=== Entries shown ===
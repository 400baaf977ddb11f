-- ===== src/Ecg/InsertNode.antt =====
-- The last part of `insert_header`, which adds the node, its entry and its edges, and what its loops
-- over the parents give.
use ossa.Prelude.{
  ℕ, ◌≡◌, ◌≢◌, refl, ◌∙◌, ap, inl, inr, min, true, false, ◌&&◌, ◌||◌, Bool-cases, none, some,
  Option-cases, List, [], ◌∷◌, map, All, Ord, beq, contains, set_remove, insert, get-insert,
  contains-set_remove, contains-nil, ◌==◌, if◌then◌else◌, nat_ord, arith,
}
use ossa.Ecg.StableDag.{Dag}
use ossa.Ecg.{
  EcgHeader, NodeInfo, State, get_node, knows, find_parents, remove_all, insert_node, new,
}
use ossa.Ecg.WellFormed.{
  is_nil, index, depth, Known, all_known, least, depth_below, IsWellFormed, Inserted,
}
use ossa.Ecg.Preserve.{node_of_knows}

pub contains-remove_all :
    {HeaderId : Type 0} ⦃o : Ord HeaderId⦄ (ps tips : List HeaderId) (q : HeaderId)
    → contains q (remove_all ps tips) ≡ (if contains q ps then false else contains q tips)
unfolding remove_all contains
contains-remove_all [] tips q = refl
contains-remove_all (p ∷ ps) tips q =
    contains-remove_all ps (set_remove p tips) q ∙ ground (arith, contains-set_remove p q tips)

contains_or : (k : ℕ) (xs : List ℕ) → (contains k [] || contains k xs) ≡ contains k xs
contains_or k xs = ground (arith, contains-nil k)

edge_or :
    (j n k : ℕ) (new old : List ℕ)
    → (contains k (if j == n then [] else old) || (j == n && contains k new))
      ≡ (if j == n then contains k new else contains k old)
edge_or j n k new old = elim (Bool-cases (j == n)) [
  | inl h ↦ rw h (contains_or k new)
  | inr h ↦ ground arith
]

module _ {HeaderId Header : Type 0} ⦃o : Ord HeaderId⦄ {dag : Dag HeaderId} where
  pub Known-of_all :
      (st : State Header dag) (ps : List HeaderId) → all_known st ps ≡ true → Known st ps
  unfolding all_known
  Known-of_all st [] h = tt
  Known-of_all st (p ∷ ps) h = (ground arith, Known-of_all st ps (ground arith))

  pub find_parents_lem :
      (st : State Header dag) (d : ℕ) (ps : List HeaderId)
      → find_parents st d ps
        ≡ (if all_known st ps then some (map (index st) ps, least st d ps) else none)
  unfolding find_parents all_known knows index least depth
  find_parents_lem st d [] = refl
  find_parents_lem st d (p ∷ ps) = elim (Option-cases (get_node st p)) [
    | inl e ↦ ground arith
    | inr (i, e) ↦ elim (Bool-cases (all_known st ps)) [
      | inl k ↦ ground (arith, find_parents_lem st (min d i.depth) ps)
      | inr k ↦ ground (arith, find_parents_lem st (min d i.depth) ps)
    ]
  ]

  -- the nodes of known headers are not the new one, and are in the graph with it
  pub parent_nodes :
      (ecg : EcgHeader HeaderId Header) (st : State Header dag) (h : HeaderId) (ps : List HeaderId)
      → IsWellFormed ecg st
      → Known st ps
      → All
          (λ k.
            ((k == (dag.add_node st.dependency_graph h).1) ≡ false)
            × (dag.node_weight (dag.add_node st.dependency_graph h).0 k ≢ none))
          (map (index st) ps)
  unfolding index
  parent_nodes ecg st h [] wf ks = tt
  parent_nodes ecg st h (p ∷ ps) wf (k, ks) =
      let (i, e) = node_of_knows st p k in
      let fresh = dag.add_node_fresh st.dependency_graph h in
      let other : (index st p == (dag.add_node st.dependency_graph h).1) ≡ false =
        ground (arith, wf.weight p i e) in
      (
        (
          other,
          λ n.
              ground (
                arith,
                wf.weight p i e,
                dag.node_weight-add_node st.dependency_graph h (index st p),
              ),
        ),
        parent_nodes ecg st h ps wf ks,
      )

  pub insert_node_done :
      (st : State Header dag) (h : HeaderId) (header : Header) (operations ks : List ℕ) (d : ℕ)
      (g' : dag.Graph)
      → get_node st h ≡ none
      → dag.add_edges
          (dag.add_node st.dependency_graph h).0
          (map (λ p. (p, (dag.add_node st.dependency_graph h).1)) ks)
        ≡ some g'
      → insert_node st h header operations ks d ≡ (
        record {
          dependency_graph = g';
          root_nodes = st.root_nodes;
          node_info_map =
              insert h
                (record {
                  graph_index = (dag.add_node st.dependency_graph h).1;
                  depth = d;
                  header = header;
                  operations = operations;
                })
                st.node_info_map;
          tips = st.tips;
        },
        true,
      )
  unfolding insert_node
  insert_node_done st h header operations ks d g' u e = rw (u, insert_node) (rw e refl)

  module _ (ecg : EcgHeader HeaderId Header) (st : State Header dag) (wf : IsWellFormed ecg st)
      (header : Header) (operations : List ℕ) where
    -- the last part, with the roots and the tips as they were changed before
    pub insert_node_lem :
        (roots tips : List HeaderId) (d : ℕ)
        → get_node st (ecg.get_header_id header) ≡ none
        → Known st (ecg.get_parent_ids header)
        → d ≡ depth_below st (ecg.get_parent_ids header)
        → ((q : HeaderId)
            → contains q roots ≡ (
                if beq q (ecg.get_header_id header)
                then is_nil (ecg.get_parent_ids header)
                else contains q st.root_nodes))
        → ((q : HeaderId)
            → contains q tips ≡ (
                if beq q (ecg.get_header_id header)
                then true
                else if contains q (ecg.get_parent_ids header)
                then false
                else contains q st.tips))
        → (st' : State Header dag) × (info : NodeInfo Header) × (info.header ≡ header)
          × (info.operations ≡ operations)
          × (insert_node
                (record st { root_nodes = roots; tips = tips })
                (ecg.get_header_id header)
                header
                operations
                (map (index st) (ecg.get_parent_ids header))
                d
              ≡ (st', true))
          × Inserted ecg st (ecg.get_header_id header) info st'
    unfolding insert_node
    insert_node_lem roots tips d u ks de hr ht =
        let g = dag.add_node st.dependency_graph (ecg.get_header_id header) in
        let fresh = dag.add_node_fresh st.dependency_graph (ecg.get_header_id header) in
        let kids : dag.children g.0 g.1 ≡ [] =
          ground
            (arith, dag.children-add_node st.dependency_graph (ecg.get_header_id header) g.1) in
        let placed : dag.node_weight g.0 g.1 ≢ none = λ n.
          ground
            (arith, dag.node_weight-add_node st.dependency_graph (ecg.get_header_id header) g.1) in
        let (g', e, weights, parents, children) =
          dag.add_edges_into g.0 (map (index st) (ecg.get_parent_ids header)) g.1 kids placed
            (parent_nodes ecg st (ecg.get_header_id header) (ecg.get_parent_ids header) wf ks) in
        let edge_cases : (j k : ℕ)
            → (contains k (dag.parents g.0 j)
                || (j == g.1 && contains k (map (index st) (ecg.get_parent_ids header))))
              ≡ (if j == g.1
                  then contains k (map (index st) (ecg.get_parent_ids header))
                  else contains k (dag.parents st.dependency_graph j)) =
          λ j k.
            ap
              (λ xs.
                contains k xs
                || (j == g.1 && contains k (map (index st) (ecg.get_parent_ids header))))
              (dag.parents-add_node st.dependency_graph (ecg.get_header_id header) j)
            ∙ edge_or j g.1 k (map (index st) (ecg.get_parent_ids header))
                (dag.parents st.dependency_graph j) in
        let info : NodeInfo Header = record {
          graph_index = g.1;
          depth = d;
          header = header;
          operations = operations;
        } in
        let st' : State Header dag = record {
          dependency_graph = g';
          root_nodes = roots;
          node_info_map = insert (ecg.get_header_id header) info st.node_info_map;
          tips = tips;
        } in
        (
          st',
          info,
          refl,
          refl,
          insert_node_done (record st { root_nodes = roots; tips = tips })
              (ecg.get_header_id header) header operations
              (map (index st) (ecg.get_parent_ids header)) d g' u e,
          record {
            name = refl;
            unknown = u;
            parents_known = ks;
            depth_info = de;
            fresh = fresh;
            nodes = λ q. get-insert (ecg.get_header_id header) q info st.node_info_map;
            weights = λ k.
                weights k
                ∙ dag.node_weight-add_node st.dependency_graph (ecg.get_header_id header) k;
            edges = λ j k. parents j k ∙ edge_cases j k;
            roots = hr;
            tips = ht;
          },
        )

=== What is required ===
If a line in the records contains the word "List", copy it.

=== Answer to the problem ===
  Option-cases, List, [], ◌∷◌, map, All, Ord, beq, contains, set_remove, insert, get-insert,
    {HeaderId : Type 0} ⦃o : Ord HeaderId⦄ (ps tips : List HeaderId) (q : HeaderId)
contains_or : (k : ℕ) (xs : List ℕ) → (contains k [] || contains k xs) ≡ contains k xs
    (j n k : ℕ) (new old : List ℕ)
      (st : State Header dag) (ps : List HeaderId) → all_known st ps ≡ true → Known st ps
      (st : State Header dag) (d : ℕ) (ps : List HeaderId)
      (ecg : EcgHeader HeaderId Header) (st : State Header dag) (h : HeaderId) (ps : List HeaderId)
      (st : State Header dag) (h : HeaderId) (header : Header) (operations ks : List ℕ) (d : ℕ)
      (header : Header) (operations : List ℕ) where
        (roots tips : List HeaderId) (d : ℕ)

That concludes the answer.